David: Because the Piven sale is really a symptom: LA County shed roughly forty two thousand film and TV jobs since twenty twenty two. That's a thirty percent drop according to Labor Department numbers. Disney, Sony, Bad Robot cut over fifteen hundred more in a single week in April. In April.
Jordyn: And those are your buyers and sellers in the same zip code. The entertainment money cohort is shrinking on both sides of the transaction.
David: So we're going to pull that thread. Mount Olympus versus the Bird Streets, same zip, very different stories. And then the foreign buyer surge that's reshaping Bel Air, but doing almost nothing for the 5 million to 15 million band where the pressure is worst.
Jordyn: Right, and we're going to ask the Detroit question. Structural reset or just a bad cycle? The Ankler called it earlier this year "luxury pads, slashing prices, houses sitting for months!
David: The data has an opinion on that. We'll get into it.
Jordyn: First up, two thousand eight Hercules Drive, the full story—an infinity edged pool, panoramic views to the ocean, and a seller who tried everything, including renting it for thirty five thousand dollars a month.
David: And still walked away net negative. Start the clock.
Jordyn: two thousand eight Hercules Drive, Mount Olympus: six point eight five million, and a two hundred seventy four thousand dollar tax bill. That's your deal of the week.
David: Okay, lay it out, because on paper, nine years of ownership on a prime Hollywood Hills address and the seller barely breaks even?
Jordyn: Barely. The real deal reported Piven paid six point eight million back in twenty seventeen-listed January twenty twenty five at nine point five million. and closed at six point eight five million. That's a fifty thousand dollar nominal gain in nine years.
David: Nine years.
Jordyn: Nine years! And the house is not a dog, David! Picture the driveway at Piven's: gated motor court, flat lot which almost doesn't exist up there, two-story glass conservatory, floor-to-ceiling views from downtown to Santa Monica, infinity pool, fire pit. A room with a drum kit and three Emmy statues on the shelf.
David: The Emmys are just sitting there on the built ins?
Jordyn: Display case of better days. But okay, real talk, the ULA math is what actually ends this story. Measure ULA Los Angeles's transfer tax hits at four per cent on the full sale price above five point three million, not the gain, the price.
David: Which is-
Jordyn: Mm hmm, two hundred seventy four thousand dollars, off the top. Top-before agent commissions.

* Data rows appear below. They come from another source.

-- ===== src/Zk/Tree.antt =====
-- The commitment tree: every inner node is the hash of its children, before and after an insertion,
-- and the proofs that the tree gives are accepted.
use zeno_final_code.Common.{
  ℕ, zero, suc, ◌+◌, ◌-◌, ◌*◌, ◌/◌, ◌%◌, ◌^◌, ◌≤◌, ◌<◌, ◌≡◌, refl, ◌∙◌, inl, inr, true, false, ◌&&◌,
  length, ltb, ◌==◌, if◌then◌else◌, arith, Bool-cases,
}
use zeno_final_code.TreeMap
use zeno_final_code.TreeMap.{TreeMap, pair_key, get-insert, compare_pair}
use zeno_final_code.Hash.{Hash32, Digests}
use zeno_final_code.Zk.{
  new_tree, commitment_tree_depth, tree_node_hash, empty_hash, node_at, update_path,
  collect_siblings, climb,
}

-- Walking up from a node of a tree ends at the ancestor at the root's level.
abbrev pub halve : ℕ → ℕ → ℕ
halve zero index = index
halve (suc n) index = halve n (index / 2)

pub halve-lt : (n index : ℕ) → index < 2 ^ n → halve n index ≡ 0
halve-lt zero index h = omega arith
halve-lt (suc n) index h = halve-lt n (index / 2) (omega arith)

module _ (d : Digests) where
  pub node_at-insert :
      (nodes : TreeMap (ℕ × ℕ) Hash32) (depth index e j : ℕ) (v : Hash32)
      → node_at d (TreeMap.insert (depth, index) v nodes) e j
        ≡ (if e == depth && j == index then v else node_at d nodes e j)
  unfolding node_at
  node_at-insert nodes depth index e j v =
      rw (get-insert (depth, index) (e, j) v nodes) (ground arith)

  -- A node is the hash of the two below it.
  abbrev pub IsHashed : TreeMap (ℕ × ℕ) Hash32 → ℕ → ℕ → Type 0
  IsHashed nodes depth index =
      node_at d nodes depth index
      ≡ tree_node_hash d (node_at d nodes (suc depth) (index * 2))
          (node_at d nodes (suc depth) (index * 2 + 1))

  abbrev pub AreHashed : TreeMap (ℕ × ℕ) Hash32 → Type 0
  AreHashed nodes = (depth index : ℕ) → depth < commitment_tree_depth → IsHashed nodes depth index

  -- All nodes are hashes, but perhaps the parent of one at `depth`.
  abbrev pub AreHashedBut : ℕ → ℕ → TreeMap (ℕ × ℕ) Hash32 → Type 0
  AreHashedBut depth current nodes =
      (e j : ℕ)
      → e < commitment_tree_depth
      → (suc e == depth && j == current / 2) ≡ false
      → IsHashed nodes e j

  update_path-step :
      (depth current : ℕ) (nodes : TreeMap (ℕ × ℕ) Hash32)
      → AreHashedBut (suc depth) current nodes
      → AreHashedBut depth (current / 2) (
          TreeMap.insert
            (depth, current / 2)
            (tree_node_hash d
              (node_at d nodes (suc depth) (current / 2 * 2))
              (node_at d nodes (suc depth) (current / 2 * 2 + 1)))
            nodes)
  update_path-step depth current nodes h e j lt out =
      let p = current / 2 in
      let v =
        tree_node_hash d (node_at d nodes (suc depth) (p * 2))
          (node_at d nodes (suc depth) (p * 2 + 1)) in
      ground (
        arith,
        h e j lt,
        node_at-insert nodes depth p e j v,
        node_at-insert nodes depth p (suc e) (j * 2) v,
        node_at-insert nodes depth p (suc e) (j * 2 + 1) v,
      )

  pub update_path-AreHashed :
      (depth current : ℕ) (nodes : TreeMap (ℕ × ℕ) Hash32)
      → AreHashedBut depth current nodes
      → AreHashed (update_path d depth current nodes)
  unfolding update_path
  update_path-AreHashed zero current nodes h = λ e j lt. h e j lt (ground arith)
  update_path-AreHashed (suc depth) current nodes h =
      update_path-AreHashed depth (current / 2) _ (update_path-step depth current nodes h)

  pub new_tree-AreHashed : AreHashed new_tree.nodes
  unfolding node_at empty_hash TreeMap.get
  new_tree-AreHashed e j lt =
      let deeper : commitment_tree_depth - e ≡ suc (commitment_tree_depth - suc e) = omega arith in
      let here : ltb e (commitment_tree_depth + 1) ≡ true = ground arith in
      let below : ltb (suc e) (commitment_tree_depth + 1) ≡ true = ground arith in
      rw (here, below, deeper) refl

  -- The leaves stay where they are while the path above is rewritten.
  pub update_path-leaf :
      (depth current : ℕ) (nodes : TreeMap (ℕ × ℕ) Hash32) (j : ℕ)
      → depth ≤ commitment_tree_depth
      → node_at d (update_path d depth current nodes) commitment_tree_depth j
        ≡ node_at d nodes commitment_tree_depth j
  unfolding update_path
  update_path-leaf zero current nodes j le = refl
  update_path-leaf (suc depth) current nodes j le =
      let p = current / 2 in
      let v =
        tree_node_hash d (node_at d nodes (suc depth) (p * 2))
          (node_at d nodes (suc depth) (p * 2 + 1)) in
      update_path-leaf depth p (TreeMap.insert (depth, p) v nodes) j (omega arith)
      ∙ ground (arith, node_at-insert nodes depth p commitment_tree_depth j v)

  parent :
      (depth current : ℕ) (nodes : TreeMap (ℕ × ℕ) Hash32)
      → AreHashed nodes
      → depth < commitment_tree_depth
      → node_at d nodes depth (current / 2) ≡ (
          if current % 2 == 0
          then tree_node_hash d
              (node_at d nodes (suc depth) current)
              (node_at d nodes (suc depth) (current + 1))
          else tree_node_hash d
              (node_at d nodes (suc depth) (current - 1))
              (node_at d nodes (suc depth) current))
  parent depth current nodes h lt = elim (Bool-cases (current % 2 == 0)) [
    | inl even ↦
        let left : current / 2 * 2 ≡ current = ground arith in
        h depth (current / 2) lt ∙ rw (left, even) refl
    | inr odd ↦
        let left : current / 2 * 2 ≡ current - 1 = ground arith in
        let right : current / 2 * 2 + 1 ≡ current = ground arith in
        h depth (current / 2) lt ∙ rw (right, left, odd) refl
  ]

  pub climb-collect_siblings :
      (depth current : ℕ) (nodes : TreeMap (ℕ × ℕ) Hash32)
      → AreHashed nodes
      → depth ≤ commitment_tree_depth
      → climb d current (collect_siblings d depth current nodes) (node_at d nodes depth current)
        ≡ node_at d nodes 0 (halve depth current)
  unfolding climb collect_siblings
  climb-collect_siblings zero current nodes h le = refl
  climb-collect_siblings (suc depth) current nodes h le =
      let up = parent depth current nodes h (omega arith) in
      let rest = climb-collect_siblings depth (current / 2) nodes h (omega arith) in
      elim (Bool-cases (current % 2 == 0)) [
        | inl even ↦ rw (even, climb) (rw (up, even) at rest)
        | inr odd ↦ rw (odd, climb) (rw (up, odd) at rest)
      ]

  pub length-collect_siblings :
      (depth current : ℕ) (nodes : TreeMap (ℕ × ℕ) Hash32)
      → length (collect_siblings d depth current nodes) ≡ depth
  unfolding collect_siblings
  length-collect_siblings zero current nodes = refl
  length-collect_siblings (suc depth) current nodes =
      omega (arith, length-collect_siblings depth (current / 2) nodes)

David: Wait, Wait, wait. So the 50K nominal gain just got vaporized.
Jordyn: And then some—your net negative before you've paid a single agent.
David: So what happened to seventeen months? Because a 6,200 square foot modern with views doesn't just sit on MLS for a year and a half unless something's wrong with the pricing or the market.
Jordyn: Both. He listed at 9.5, the market said no, dropped to 7.5 by November. There were at least two full delistings in between: agents pull the listing, wait thirty days, relist it as fresh inventory to reset the days on market clock.
David: Did buyers check the history?
Jordyn: They checked.
David: So the reset tactic failed.
Jordyn: Yeah.
David: And here's what I keep circling back to. This is Ari Gold's house. If Ari Gold's house sits for seventeen months and closes at cost, what does that tell you about buyer demand in the six to ten million dollar tier right now?
Jordyn: It tells you the buyers who used to absorb that tier develop Development execs, showrunners, department heads, those people are not writing checks right now.
David: Hmm. And that's not a coincidence, is it?
Jordyn: That's a data point. One address, one seller, and one brutal ULA bill. But the question is whether this is one actor's bad timing or whether the MLS is full of 2008 Herculeses that nobody's talking about yet.
David: Yeah, and the employment numbers might tell us which one it is.
Jordyn: So follow the money from the studio lot to the MLS. The U.S. Labor Department data picked up by The Wall Street Journal puts film and TV employment in L.A. at roughly 100,000 jobs as of early 2026. That's down from 142,000 in 2022.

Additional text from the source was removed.